This problem is hard because it might be impossible to consider a dynamic programming solution carefully and finally find the mystery.

Let *dp*[*i*][*j*]=(the minimum transformation price to the moment if *y*_{1}... *y*_{i} have been determined and *y*_{i} = *j*).

It's easy to find that:

*dp*[1][*p*] = (*p* - *x*_{1})^{2}

*f*[*i*][*p*] = *min*(*dp*[*i* - 1][*q*] | *p* - *b* ≤ *q* ≤ *p* - *a*)

*dp*[*i*][*p*] = (*p* - *x*_{i})^{2} + *f*[*i*][*p*]

Solutions using this idea straight can't pass because it needs very huge amount of memory and time(in fact it's infinite). So we should consider the problem more accurately.

Here comes the **magic**: let *dp*[*i*] be **a function** for *p*.

First of all, we'll use the monotonicity of its **derivative** *dp*[*i*]' and mathematical induction to prove that *dp*[*i*] is a strictly unimodal function. More strongly, we can prove *dp*[*i*]' is **a strictly increasing function**.

*dp*[1]'(*p*) = 2(*p* - *x*[1]). Obviously so it is.
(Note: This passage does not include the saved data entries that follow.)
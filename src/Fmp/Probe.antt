-- ===== src/Fmp/Probe.antt =====
-- The echo and throughput probes of crates/fips-fmp/src/lib.rs.
use microfips.Base.{
  ℕ, ◌+◌, ◌^◌, ◌≤◌, ◌<◌, List, [], ◌++◌, length, ltb, ◌||◌, if◌then◌else◌, ◌≡◌, refl, arith, le→ltb,
}
use microfips.Bytes.{le_bytes}
use microfips.Exec.{Exec, ok, err, Absent, absent, index, read_le, slice_from, copy_into, ◌>>=◌}
use microfips.Exec.Laws.{read_le-append, slice_from-append}
use microfips.Exec.Write.{after, next}

abbrev pub echo_request_min_size : ℕ
echo_request_min_size = 12

abbrev pub echo_response_min_size : ℕ
echo_response_min_size = 20

abbrev pub echo_max_payload : ℕ
echo_max_payload = 256

abbrev pub throughput_request_size : ℕ
throughput_request_size = 12

abbrev pub throughput_stream_min_size : ℕ
throughput_stream_min_size = 8

abbrev pub throughput_report_size : ℕ
throughput_report_size = 36

unfoldable pub parse_echo_request : List ℕ → Exec Absent (ℕ × ℕ × List ℕ)
parse_echo_request body = if ltb (length body) echo_request_min_size then err absent else (do
  ts ← read_le body 0 8
  seq ← read_le body 8 12
  payload ← slice_from body 12
  ok (ts, seq, payload))

unfoldable pub build_echo_response :
    (send_timestamp_us recv_timestamp_us sequence : ℕ) (payload out : List ℕ)
    → Exec Absent (ℕ × List ℕ)
build_echo_response send_timestamp_us recv_timestamp_us sequence payload out =
    let needed = echo_response_min_size + length payload in
    if ltb (length out) needed || ltb echo_max_payload (length payload) then err absent else (do
      with_send ← copy_into out 0 8 (le_bytes 8 send_timestamp_us)
      with_recv ← copy_into with_send 8 16 (le_bytes 8 recv_timestamp_us)
      with_seq ← copy_into with_recv 16 20 (le_bytes 4 sequence)
      whole ← copy_into with_seq 20 needed payload
      ok (needed, whole))

unfoldable pub parse_throughput_request : List ℕ → Exec Absent (ℕ × ℕ × ℕ × ℕ × ℕ)
parse_throughput_request body =
    if ltb (length body) throughput_request_size then err absent else (do
      test_id ← read_le body 0 4
      direction ← index body 4
      duration_secs ← index body 5
      frame_size ← read_le body 6 8
      rate_bps ← read_le body 8 12
      ok (test_id, direction, duration_secs, frame_size, rate_bps))

unfoldable pub parse_throughput_stream : List ℕ → Exec Absent (ℕ × ℕ)
parse_throughput_stream body =
    if ltb (length body) throughput_stream_min_size
    then err absent
    else (do test_id ← read_le body 0 4; sequence ← read_le body 4 8; ok (test_id, sequence))

unfoldable pub build_throughput_report :
    (test_id frames_sent frames_recv bytes_recv duration_us achieved_bps : ℕ) (out : List ℕ)
    → Exec Absent (ℕ × List ℕ)
build_throughput_report test_id frames_sent frames_recv bytes_recv duration_us achieved_bps out =
    if ltb (length out) throughput_report_size then err absent else (do
      b1 ← copy_into out 0 4 (le_bytes 4 test_id)
      b2 ← copy_into b1 4 8 (le_bytes 4 frames_sent)
      b3 ← copy_into b2 8 12 (le_bytes 4 frames_recv)
      b4 ← copy_into b3 12 20 (le_bytes 8 bytes_recv)
      b5 ← copy_into b4 20 28 (le_bytes 8 duration_us)
      b6 ← copy_into b5 28 36 (le_bytes 8 achieved_bps)
      ok (throughput_report_size, b6))

-- A request with a `u64` timestamp and a `u32` sequence number is parsed to its fields, and a response
-- to it with a payload of at most 256 bytes is written whole, with both timestamps, the number and
-- the payload, at the front of a buffer that holds it, with the rest left as it was.
pub echo_answers :
    (ts recv seq : ℕ) (payload out : List ℕ)
    → ts < 2 ^ 64
    → seq < 2 ^ 32
    → length payload ≤ 256
    → 20 + length payload ≤ length out
    → (parse_echo_request (le_bytes 8 ts ++ (le_bytes 4 seq ++ payload)) ≡ ok (ts, seq, payload))
      × (build_echo_response ts recv seq payload out
          ≡ ok (
            20 + length payload,
            after (le_bytes 8 ts ++ (le_bytes 8 recv ++ (le_bytes 4 seq ++ payload))) out,
          ))
unfolding parse_echo_request build_echo_response
echo_answers ts recv seq payload out fits_ts fits_seq short room =
    let time = le_bytes 8 ts in
    let number = le_bytes 4 seq in
    (
      rw (
        le→ltb (length (time ++ (number ++ payload))) 12 (omega arith),
        read_le-append {E = Absent} [] (number ++ payload) 8 ts 0 8 refl refl fits_ts,
        read_le-append {E = Absent} time payload 4 seq 8 12 refl refl fits_seq,
        slice_from-append {E = Absent} (time ++ number) payload 12 refl,
      ),
      rw (
        le→ltb (length out) (20 + length payload) room,
        le→ltb 256 (length payload) short,
        next {E = Absent} [] time out 0 8 refl refl (omega arith),
        next {E = Absent} time (le_bytes 8 recv) out 8 16 refl refl (omega arith),
        next {E = Absent} (time ++ le_bytes 8 recv) number out 16 20 refl refl (omega arith),
        next {E = Absent} (time ++ le_bytes 8 recv ++ number) payload out 20 (20 + length payload)
            refl refl room,
      ),
    )

-- A report is written whole at the front of a buffer of 36 bytes or more, with the rest left as it
-- was, and a throughput stream is parsed to its `u32` fields.
pub throughput_fields :
    (id sent got bytes us bps : ℕ) (rest out : List ℕ)
    → id < 2 ^ 32
    → sent < 2 ^ 32
    → 36 ≤ length out
    → (build_throughput_report id sent got bytes us bps out
        ≡ ok (
          36,
          after
              (le_bytes 4 id
                ++ (le_bytes 4 sent
                    ++ (le_bytes 4 got ++ (le_bytes 8 bytes ++ (le_bytes 8 us ++ le_bytes 8 bps)))))
              out,
        ))
      × (parse_throughput_stream (le_bytes 4 id ++ (le_bytes 4 sent ++ rest)) ≡ ok (id, sent))
unfolding build_throughput_report parse_throughput_stream
throughput_fields id sent got bytes us bps rest out fits_id fits_sent room =
    let b1 = le_bytes 4 id in
    let b2 = b1 ++ le_bytes 4 sent in
    let b3 = b2 ++ le_bytes 4 got in
    let b4 = b3 ++ le_bytes 8 bytes in
    let b5 = b4 ++ le_bytes 8 us in
    (
      rw (
        le→ltb (length out) 36 room,
        next {E = Absent} [] b1 out 0 4 refl refl (omega arith),
        next {E = Absent} b1 (le_bytes 4 sent) out 4 8 refl refl (omega arith),
        next {E = Absent} b2 (le_bytes 4 got) out 8 12 refl refl (omega arith),
        next {E = Absent} b3 (le_bytes 8 bytes) out 12 20 refl refl (omega arith),
        next {E = Absent} b4 (le_bytes 8 us) out 20 28 refl refl (omega arith),
        next {E = Absent} b5 (le_bytes 8 bps) out 28 36 refl refl (omega arith),
      ),
      rw (
        le→ltb (length (b1 ++ (le_bytes 4 sent ++ rest))) 8 (omega arith),
        read_le-append {E = Absent} [] (le_bytes 4 sent ++ rest) 4 id 0 4 refl refl fits_id,
        read_le-append {E = Absent} b1 rest 4 sent 4 8 refl refl fits_sent,
      ),
    )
If we have proved that *dp*[*i*]' is a strictly increasing function, and *min* *dp*[*i*] = *dp*[*i*](*k*). In addition, *dp*[*i*]'(*k*) = 0.
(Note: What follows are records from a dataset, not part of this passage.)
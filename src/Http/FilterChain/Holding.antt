-- ===== src/Http/FilterChain/Holding.antt =====
-- What the buffer filter does in the chain, and how the filters behind it get on.
use meliproxy.Http.FilterChain.Transparent.{
  AreTransparent, apply_effect-quiet, at_all, called, begun, AreNotStopped, logged-calls,
  decode_headers-all, decode_data-all_buffered,
}
use meliproxy.Http.FilterChain.Order.{AreIdle, AreApart, set_active-AreIdle}
use meliproxy.Http.FilterChain.Spares.{is_in, set_active-same}
use meliproxy.Http.FilterChain.{
  check_high_watermark, or_empty, ActiveFilter, ActiveStream, DataStatus, Effect, Filter,
  HeadersStatus, Loops, apply_effect, body, buffered, common_continue,
  common_handle_after_data_callback, common_handle_after_headers_callback,
  common_handle_buffer_data, continue_after_headers, continue_data, decode_data_after,
  decode_data_from, decode_headers_after, decode_headers_from, decode_trailers_after, headers,
  is_some, logged, loops, provided, set_active, stop_iteration, stop_iteration_and_buffer,
}
use meliproxy.Http.FilterChain.BufferFilter.{
  buffer_filter, headers_status-headers, data_answer-body, no_effect, headers_status,
}
use meliproxy.Shared.{
  length, leb, ◌||◌, if◌then◌else◌, false, List, true, ◌∷◌, ◌≡◌, ℕ, Option, Bool, Bytes, some, not,
  ◌&&◌, ◌∙◌, ap, subst, refl, if_cases, ==_iff, ◌==◌, [], arith,
}

-- Whether a buffer with the limit has room for as many bytes.
abbrev pub has_room : ℕ → ℕ → Bool
has_room limit n = limit == 0 || leb n limit

pub check_high_watermark-roomy :
    (s : ActiveStream)
    → has_room s.buffer_limit (length (or_empty s.buffered_request_data)) ≡ true
    → check_high_watermark s ≡ s
unfolding check_high_watermark
check_high_watermark-roomy s p = rw (p, or_true s.above_high_watermark_called)
  where
    or_true : (b : Bool) → (b || true) ≡ true
    or_true true = refl
    or_true false = refl

-- The filter `i` has stopped at the headers, and the stream holds `held` for the filters `is` behind it.
pub record IsKept (i : ℕ) (is : List ℕ) (limit : ℕ) (held : Option Bytes) (s : ActiveStream)
    : Type 0 where
  pub not_continued : (s.active i).headers_continued ≡ false
  pub stopped : (s.active i).stopped ≡ true
  pub idle : AreIdle is s
  pub kept : s.buffered_request_data ≡ held
  pub limited : s.buffer_limit ≡ limit
  pub is_open : s.local_complete ≡ false
  pub no_trailers : s.request_trailers ≡ false

pub decode_headers_after-stop :
    (r : Loops) (i : ℕ) (status : HeadersStatus) (e found : Bool) (s : ActiveStream)
    → status ≡ stop_iteration
    → (decode_headers_after r false i status e found s).0
      ≡ set_active i (record (s.active i) { stopped = true }) s
unfolding decode_headers_after common_handle_after_headers_callback
decode_headers_after-stop r i status e found s c = rw c

pub continue_after_headers-all :
    (fs : ℕ → Filter) (is : List ℕ) (bytes : Bytes) (s : ActiveStream)
    → AreApart is
    → AreTransparent fs is
    → AreNotStopped is s
    → s.buffered_request_data ≡ some bytes
    → s.local_complete ≡ false
    → s.request_trailers ≡ false
    → s.remote_complete ≡ true
    → continue_after_headers (loops fs is) s ≡ at_all is (called (body bytes true)) s
unfolding continue_after_headers decode_data_after
continue_after_headers-all fs is bytes s d t n b l k c =
    let r : Loops = loops fs is in
    let last : Bool = s.remote_complete && not s.request_trailers in
    let s₁ : ActiveStream =
      if is_some s.buffered_request_data then decode_data_after r buffered last s else s in
    let is_last : last ≡ true = rw (c, k) in
    let passed : s₁ ≡ r.decode_data buffered last s = rw (b, l) in
    let same : s₁ ≡ at_all is (called (body bytes true)) s =
      passed
      ∙ (ap (λ e. r.decode_data buffered e s) is_last
          ∙ decode_data-all_buffered fs is bytes true s d t n b) in
    let no_trailers : (if s.request_trailers
          then decode_trailers_after r (at_all is (called (body bytes true)) s)
          else at_all is (called (body bytes true)) s)
        ≡ at_all is (called (body bytes true)) s =
      rw k in
    ap (λ (u : ActiveStream). if u.request_trailers then decode_trailers_after r u else u) same
    ∙ no_trailers

pub idle_not_stopped : (is : List ℕ) (s : ActiveStream) → AreIdle is s → AreNotStopped is s
idle_not_stopped [] s a = λ j k. absurd (ground arith)
idle_not_stopped (i ∷ is) s (a, b) = λ j k. by_first j k (i == j) refl (idle_not_stopped is s b j)
  where
    by_first :
        (j : ℕ)
        → is_in j (i ∷ is) ≡ true
        → (t : Bool) → (i == j) ≡ t
        → (is_in j is ≡ true → (s.active j).stopped ≡ false)
        → (s.active j).stopped ≡ false
    by_first j k true e rest = subst (λ m. (s.active m).stopped ≡ false) ((==_iff i j).0 e) a.2
    by_first j k false e rest = rest (ground arith)

pub begun-AreNotStopped :
    (is : List ℕ) (e : Bool) (s : ActiveStream)
    → AreIdle is s
    → AreNotStopped is (at_all is (begun e) s)
begun-AreNotStopped is e s a = λ j k.
    if_cases (λ (f : ActiveFilter). f.stopped ≡ false) (is_in j is) _ _
      (λ l. idle_not_stopped is s a j k) (λ l. idle_not_stopped is s a j k)

-- `commonContinue` before filters that let everything through: they get the headers and the data at once.
pub common_continue-all :
    (fs : ℕ → Filter) (i : ℕ) (is : List ℕ) (limit : ℕ) (bytes : Bytes) (s : ActiveStream)
    → is_in i is ≡ false
    → AreApart is
    → AreTransparent fs is
    → IsKept i is limit (some bytes) s
    → s.remote_complete ≡ true
    → common_continue (loops fs is) i s
      ≡ at_all is (called (body bytes true)) (
          at_all is
            (begun false)
            (set_active i (record (s.active i) { stopped = false; headers_continued = true }) s))
unfolding common_continue
common_continue-all fs i is limit bytes s m d t k c =
    let f : ActiveFilter = record (s.active i) { stopped = false; headers_continued = true } in
    let r : Loops = loops fs is in
    let s₁ : ActiveStream = set_active i f s in
    let end_stream : Bool =
      s.remote_complete && (not (is_some s.buffered_request_data) && not s.request_trailers) in
    let no_end : end_stream ≡ false = rw (c, k.kept) in
    let same : (if (s.active i).headers_continued
          then s₁
          else (r.decode_headers end_stream false s₁).0)
        ≡ at_all is (begun false) s₁ =
      if_cases (λ (u : ActiveStream). u ≡ at_all is (begun false) s₁) (s.active i).headers_continued
        _ _ (λ l. absurd (ground arith))
        (λ l.
          ap (λ e. (r.decode_headers e false s₁).0) no_end
          ∙ ap (λ (u : ActiveStream × Bool). u.0)
              (decode_headers-all fs is false false s₁ d t refl)) in
    ap (continue_after_headers r) same
    ∙ continue_after_headers-all fs is bytes (at_all is (begun false) s₁) d t
        (begun-AreNotStopped is false s₁ (set_active-AreIdle is i f s m k.idle)) k.kept k.is_open
        k.no_trailers c

pub buffer_filter-headers :
    (r : Loops) (i : ℕ) (s : ActiveStream)
    → (decode_headers_from buffer_filter r false i false false s).0
      ≡ set_active i
          (record ((logged i (headers false) s).active i) { stopped = true })
          (logged i (headers false) s)
unfolding decode_headers_from buffer_filter
buffer_filter-headers r i s =
    let s₁ : ActiveStream = logged i (headers false) s in
    let status : HeadersStatus = headers_status (s₁.active i).calls in
    ap (λ (u : ActiveStream). (decode_headers_after r false i status false false u).0)
      (apply_effect-quiet no_effect s₁ (refl, refl))
    ∙ decode_headers_after-stop r i status false false s₁ (
        headers_status-headers (s₁.active i).calls (s.active i).calls
          (logged-calls i (headers false) s))

-- Data before the end is kept.
pub buffer_filter-data :
    (r : Loops) (i : ℕ) (bytes : Bytes) (s : ActiveStream)
    → decode_data_from buffer_filter r i (provided bytes) false s
      ≡ common_handle_buffer_data
          (provided bytes)
          (record (set_active i
            (record ((logged i (body bytes false) s).active i) { stopped = true })
            (logged i (body bytes false) s)) { decoder_filters_streaming = false })
unfolding decode_data_from buffer_filter common_handle_after_data_callback
buffer_filter-data r i bytes s =
    let s₁ : ActiveStream = logged i (body bytes false) s in
    ap
      (λ (a : DataStatus × Bytes × Effect).
        common_handle_after_data_callback r i a.0 (provided a.1) false (apply_effect a.2 s₁))
      (data_answer-body bytes false (s₁.active i).calls (s.active i).calls
        (logged-calls i (body bytes false) s))
    ∙ ap (common_handle_after_data_callback r i stop_iteration_and_buffer (provided bytes) false)
        (apply_effect-quiet no_effect s₁ (refl, refl))

-- At the end all of it goes on.
pub buffer_filter-end :
    (r : Loops) (i : ℕ) (bytes : Bytes) (s : ActiveStream)
    → (s.active i).stopped ≡ true
    → decode_data_from buffer_filter r i (provided bytes) true s
      ≡ common_continue r i
          (common_handle_buffer_data (provided bytes) (logged i (body bytes true) s))
unfolding decode_data_from buffer_filter common_handle_after_data_callback
buffer_filter-end r i bytes s k =
    let s₁ : ActiveStream = logged i (body bytes true) s in
    let stopped₁ : (s₁.active i).stopped ≡ true =
      ap (λ (f : ActiveFilter). f.stopped) (set_active-same i _ s) ∙ k in
    let continued : common_handle_after_data_callback r i continue_data (provided bytes) true s₁
        ≡ common_continue r i (common_handle_buffer_data (provided bytes) s₁) =
      if_cases
        (λ (u : ActiveStream).
          u ≡ common_continue r i (common_handle_buffer_data (provided bytes) s₁))
        (s₁.active i).stopped _ _ (λ l. refl) (λ l. absurd (ground arith)) in
    ap
      (λ (a : DataStatus × Bytes × Effect).
        common_handle_after_data_callback r i a.0 (provided a.1) true (apply_effect a.2 s₁))
      (data_answer-body bytes true (s₁.active i).calls (s.active i).calls
        (logged-calls i (body bytes true) s))
    ∙ (ap (common_handle_after_data_callback r i continue_data (provided bytes) true)
          (apply_effect-quiet no_effect s₁ (refl, refl))
        ∙ continued)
For *f*[*i* + 1] at this moment:

Notice that for the derivative, actually what we do is to cut *dp*[*i*]' at the place *p* = *k*, and then the left part (*p* ≤ *k*) moves to the right *a* units while the right part (*p* ≥ *k*) moves to the right *b* units. After this operation, the gap (*k* + *a*... *k* + *b*) is filled by 0 so that it's still **a continuous function**.

We can find *f*[*i* + 1]' is also a increasing function but not strictly. Then *dp*[*i* + 1]'(*p*) = 2(*p* - *x*_{i + 1}) + *f*[*i* + 1]'(*p*), now it's absolutely a strictly increasing function.

Since we have proved any *dp*[*i*] is a strictly unimodal function, we can push *x*_{i} one by one and calculate the function *dp*[*i*] immediately.

Let's focus on the operation to *dp*[*i*]':

Step 1. Determine *k* for *dp*[*i*]'(*k*) = 0.

Step 2. Cutting, translation, and filling 0.

Step 3. Add a linear function 2(*p* - *x*_{i}).

Because of step 2, the derivative is in reality **a piecewise function**, and any part of this function is a linear function. Besides, there are at most *O*(*n*) parts.

Finally, We can use a simple array to hold all the endpoints. Since we should maintain at most *O*(*n*) endpoints for *n* times, the time complexity is *O*(*n*^{2}).

**Hint 1.**

If you read the solution in earnest, you may have some questions.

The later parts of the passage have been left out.